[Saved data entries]

* * * * * * * * *

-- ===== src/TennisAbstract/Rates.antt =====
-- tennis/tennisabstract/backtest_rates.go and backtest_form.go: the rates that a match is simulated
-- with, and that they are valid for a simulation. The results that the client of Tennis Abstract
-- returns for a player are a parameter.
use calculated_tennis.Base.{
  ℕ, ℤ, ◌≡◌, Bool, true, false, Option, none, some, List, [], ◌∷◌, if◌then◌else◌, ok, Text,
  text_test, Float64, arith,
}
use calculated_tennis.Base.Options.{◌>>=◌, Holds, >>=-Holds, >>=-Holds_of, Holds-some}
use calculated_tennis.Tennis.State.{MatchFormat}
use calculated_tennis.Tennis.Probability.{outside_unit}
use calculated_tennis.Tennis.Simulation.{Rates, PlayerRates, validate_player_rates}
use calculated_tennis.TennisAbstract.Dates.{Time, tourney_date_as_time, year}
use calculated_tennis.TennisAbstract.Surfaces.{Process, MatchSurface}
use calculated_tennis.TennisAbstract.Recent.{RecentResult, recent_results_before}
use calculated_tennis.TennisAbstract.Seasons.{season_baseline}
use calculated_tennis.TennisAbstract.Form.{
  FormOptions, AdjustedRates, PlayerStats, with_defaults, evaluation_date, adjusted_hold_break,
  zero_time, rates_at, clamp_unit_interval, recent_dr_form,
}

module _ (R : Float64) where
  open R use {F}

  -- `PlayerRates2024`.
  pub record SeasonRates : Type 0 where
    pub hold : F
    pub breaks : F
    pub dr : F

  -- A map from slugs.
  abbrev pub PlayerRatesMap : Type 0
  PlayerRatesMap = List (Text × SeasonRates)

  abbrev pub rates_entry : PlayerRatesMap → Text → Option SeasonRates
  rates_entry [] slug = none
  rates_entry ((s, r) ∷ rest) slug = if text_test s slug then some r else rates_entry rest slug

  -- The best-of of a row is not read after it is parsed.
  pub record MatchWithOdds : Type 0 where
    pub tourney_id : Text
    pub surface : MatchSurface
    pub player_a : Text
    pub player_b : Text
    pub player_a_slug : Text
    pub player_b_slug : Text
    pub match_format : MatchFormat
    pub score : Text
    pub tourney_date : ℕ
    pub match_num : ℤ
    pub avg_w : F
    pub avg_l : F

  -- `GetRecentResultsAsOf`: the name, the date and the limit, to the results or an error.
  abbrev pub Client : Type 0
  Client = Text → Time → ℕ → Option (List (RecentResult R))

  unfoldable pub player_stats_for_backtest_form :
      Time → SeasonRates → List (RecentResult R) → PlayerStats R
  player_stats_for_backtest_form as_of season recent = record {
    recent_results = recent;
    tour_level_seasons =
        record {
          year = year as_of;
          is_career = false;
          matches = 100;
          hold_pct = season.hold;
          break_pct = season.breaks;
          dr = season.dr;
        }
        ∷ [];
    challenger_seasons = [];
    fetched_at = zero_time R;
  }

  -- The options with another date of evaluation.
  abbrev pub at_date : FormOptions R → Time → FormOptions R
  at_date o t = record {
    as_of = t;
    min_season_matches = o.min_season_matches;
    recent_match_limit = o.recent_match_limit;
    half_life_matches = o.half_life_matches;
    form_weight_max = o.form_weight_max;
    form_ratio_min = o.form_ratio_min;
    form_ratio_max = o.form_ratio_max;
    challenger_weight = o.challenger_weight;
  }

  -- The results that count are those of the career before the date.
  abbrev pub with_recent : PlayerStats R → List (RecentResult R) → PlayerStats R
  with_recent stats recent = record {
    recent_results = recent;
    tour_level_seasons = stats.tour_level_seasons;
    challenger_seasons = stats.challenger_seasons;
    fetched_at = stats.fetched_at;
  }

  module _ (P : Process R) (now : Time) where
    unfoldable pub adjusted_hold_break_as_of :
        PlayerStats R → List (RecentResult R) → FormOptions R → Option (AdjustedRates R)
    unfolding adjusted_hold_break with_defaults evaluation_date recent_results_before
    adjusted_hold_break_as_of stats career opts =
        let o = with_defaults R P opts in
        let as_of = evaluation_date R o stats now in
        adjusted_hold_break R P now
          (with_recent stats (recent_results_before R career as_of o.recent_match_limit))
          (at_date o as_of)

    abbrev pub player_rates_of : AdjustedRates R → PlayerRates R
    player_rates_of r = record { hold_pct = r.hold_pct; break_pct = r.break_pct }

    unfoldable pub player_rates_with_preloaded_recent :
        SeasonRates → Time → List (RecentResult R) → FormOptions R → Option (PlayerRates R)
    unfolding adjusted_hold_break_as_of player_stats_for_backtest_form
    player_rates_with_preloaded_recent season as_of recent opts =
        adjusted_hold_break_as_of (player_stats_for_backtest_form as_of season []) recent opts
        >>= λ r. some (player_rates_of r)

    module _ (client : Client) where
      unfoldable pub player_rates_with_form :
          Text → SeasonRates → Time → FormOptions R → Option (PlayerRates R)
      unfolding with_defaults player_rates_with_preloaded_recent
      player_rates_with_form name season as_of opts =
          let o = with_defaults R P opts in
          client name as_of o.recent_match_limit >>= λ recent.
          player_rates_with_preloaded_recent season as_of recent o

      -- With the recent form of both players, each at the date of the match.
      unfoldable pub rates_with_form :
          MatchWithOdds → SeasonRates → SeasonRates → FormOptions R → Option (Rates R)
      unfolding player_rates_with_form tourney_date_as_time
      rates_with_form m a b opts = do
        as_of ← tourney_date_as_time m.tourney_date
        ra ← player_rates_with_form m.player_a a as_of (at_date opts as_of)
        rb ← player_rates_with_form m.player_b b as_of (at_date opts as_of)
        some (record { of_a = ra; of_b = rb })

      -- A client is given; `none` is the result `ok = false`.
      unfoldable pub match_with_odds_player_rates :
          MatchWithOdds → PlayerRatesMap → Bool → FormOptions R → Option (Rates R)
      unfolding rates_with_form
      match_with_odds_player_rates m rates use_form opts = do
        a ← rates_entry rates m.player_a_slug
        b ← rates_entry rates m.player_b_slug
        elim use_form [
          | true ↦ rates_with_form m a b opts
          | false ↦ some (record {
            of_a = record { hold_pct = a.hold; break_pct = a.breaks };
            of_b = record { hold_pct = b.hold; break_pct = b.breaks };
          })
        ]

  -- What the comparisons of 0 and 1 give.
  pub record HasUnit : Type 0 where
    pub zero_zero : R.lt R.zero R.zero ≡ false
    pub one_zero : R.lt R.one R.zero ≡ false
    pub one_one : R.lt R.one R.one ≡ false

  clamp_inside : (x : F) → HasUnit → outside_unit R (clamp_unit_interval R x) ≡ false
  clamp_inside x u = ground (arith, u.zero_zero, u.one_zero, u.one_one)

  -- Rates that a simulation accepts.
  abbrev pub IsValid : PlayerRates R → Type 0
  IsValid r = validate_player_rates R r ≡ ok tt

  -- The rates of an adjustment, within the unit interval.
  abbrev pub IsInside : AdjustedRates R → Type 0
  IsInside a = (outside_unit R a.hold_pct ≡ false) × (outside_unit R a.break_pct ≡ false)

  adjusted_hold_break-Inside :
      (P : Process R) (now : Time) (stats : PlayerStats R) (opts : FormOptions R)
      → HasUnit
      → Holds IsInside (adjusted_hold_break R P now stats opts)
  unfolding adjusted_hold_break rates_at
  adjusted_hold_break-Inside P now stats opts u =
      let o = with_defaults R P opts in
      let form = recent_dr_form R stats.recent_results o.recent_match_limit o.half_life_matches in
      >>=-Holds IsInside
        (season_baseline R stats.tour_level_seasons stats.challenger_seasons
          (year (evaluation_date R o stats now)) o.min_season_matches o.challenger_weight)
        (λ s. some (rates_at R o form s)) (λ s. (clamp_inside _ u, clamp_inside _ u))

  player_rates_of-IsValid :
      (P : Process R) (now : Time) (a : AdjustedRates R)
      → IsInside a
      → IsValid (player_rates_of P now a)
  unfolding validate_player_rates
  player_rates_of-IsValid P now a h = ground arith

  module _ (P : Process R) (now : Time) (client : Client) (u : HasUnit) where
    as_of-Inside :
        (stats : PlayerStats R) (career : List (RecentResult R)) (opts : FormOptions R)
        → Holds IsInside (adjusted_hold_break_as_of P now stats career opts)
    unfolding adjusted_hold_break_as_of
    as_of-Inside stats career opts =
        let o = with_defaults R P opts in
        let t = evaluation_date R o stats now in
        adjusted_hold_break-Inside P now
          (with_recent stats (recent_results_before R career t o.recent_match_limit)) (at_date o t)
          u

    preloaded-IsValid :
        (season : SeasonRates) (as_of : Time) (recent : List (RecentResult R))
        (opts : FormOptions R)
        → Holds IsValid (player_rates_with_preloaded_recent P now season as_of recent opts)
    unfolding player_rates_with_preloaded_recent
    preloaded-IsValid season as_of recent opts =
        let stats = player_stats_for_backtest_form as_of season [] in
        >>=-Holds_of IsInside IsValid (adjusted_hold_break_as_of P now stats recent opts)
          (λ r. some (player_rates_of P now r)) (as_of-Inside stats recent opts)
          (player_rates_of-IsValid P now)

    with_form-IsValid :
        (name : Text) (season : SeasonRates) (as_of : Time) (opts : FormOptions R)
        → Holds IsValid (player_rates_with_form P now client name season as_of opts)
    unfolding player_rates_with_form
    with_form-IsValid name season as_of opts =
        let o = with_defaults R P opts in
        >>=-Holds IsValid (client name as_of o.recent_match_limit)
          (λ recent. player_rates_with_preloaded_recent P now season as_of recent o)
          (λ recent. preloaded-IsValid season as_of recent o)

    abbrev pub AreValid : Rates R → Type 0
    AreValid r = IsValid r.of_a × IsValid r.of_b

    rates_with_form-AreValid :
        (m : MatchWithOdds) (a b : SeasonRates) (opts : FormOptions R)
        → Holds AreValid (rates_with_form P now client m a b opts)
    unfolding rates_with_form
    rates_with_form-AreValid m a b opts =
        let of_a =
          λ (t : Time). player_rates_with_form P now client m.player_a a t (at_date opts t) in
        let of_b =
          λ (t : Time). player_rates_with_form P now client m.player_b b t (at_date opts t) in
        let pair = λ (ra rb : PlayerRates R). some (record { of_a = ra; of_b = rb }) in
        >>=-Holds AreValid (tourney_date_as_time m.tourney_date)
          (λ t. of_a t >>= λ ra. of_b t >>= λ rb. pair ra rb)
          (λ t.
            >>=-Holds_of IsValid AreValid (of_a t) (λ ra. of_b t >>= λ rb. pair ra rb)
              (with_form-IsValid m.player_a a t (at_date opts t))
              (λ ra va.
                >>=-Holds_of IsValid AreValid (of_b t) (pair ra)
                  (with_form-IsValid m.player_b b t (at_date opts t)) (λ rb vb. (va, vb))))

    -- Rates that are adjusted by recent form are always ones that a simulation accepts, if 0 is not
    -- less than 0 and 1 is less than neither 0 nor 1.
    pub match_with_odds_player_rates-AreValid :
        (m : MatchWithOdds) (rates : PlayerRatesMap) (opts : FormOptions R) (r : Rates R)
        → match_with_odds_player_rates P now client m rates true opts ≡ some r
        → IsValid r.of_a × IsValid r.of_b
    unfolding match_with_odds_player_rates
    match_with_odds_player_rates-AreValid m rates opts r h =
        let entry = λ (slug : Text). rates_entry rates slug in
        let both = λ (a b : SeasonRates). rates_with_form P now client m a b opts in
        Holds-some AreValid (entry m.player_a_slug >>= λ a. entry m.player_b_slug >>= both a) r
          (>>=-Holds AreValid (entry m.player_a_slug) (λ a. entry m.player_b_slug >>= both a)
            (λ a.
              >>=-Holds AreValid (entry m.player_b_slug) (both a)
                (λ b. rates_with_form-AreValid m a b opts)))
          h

* * * * * * * * *

What is required -> Of the lines above, extract only those from the line with "AreValid (tourney_date_as_time m.tourney_date)" to the line with "-- Rates that are", both included, exactly as written.

Result of this task ->
        >>=-Holds AreValid (tourney_date_as_time m.tourney_date)
          (λ t. of_a t >>= λ ra. of_b t >>= λ rb. pair ra rb)
          (λ t.
            >>=-Holds_of IsValid AreValid (of_a t) (λ ra. of_b t >>= λ rb. pair ra rb)
              (with_form-IsValid m.player_a a t (at_date opts t))
              (λ ra va.
                >>=-Holds_of IsValid AreValid (of_b t) (pair ra)
                  (with_form-IsValid m.player_b b t (at_date opts t)) (λ rb vb. (va, vb))))

    -- Rates that are adjusted by recent form are always ones that a simulation accepts, if 0 is not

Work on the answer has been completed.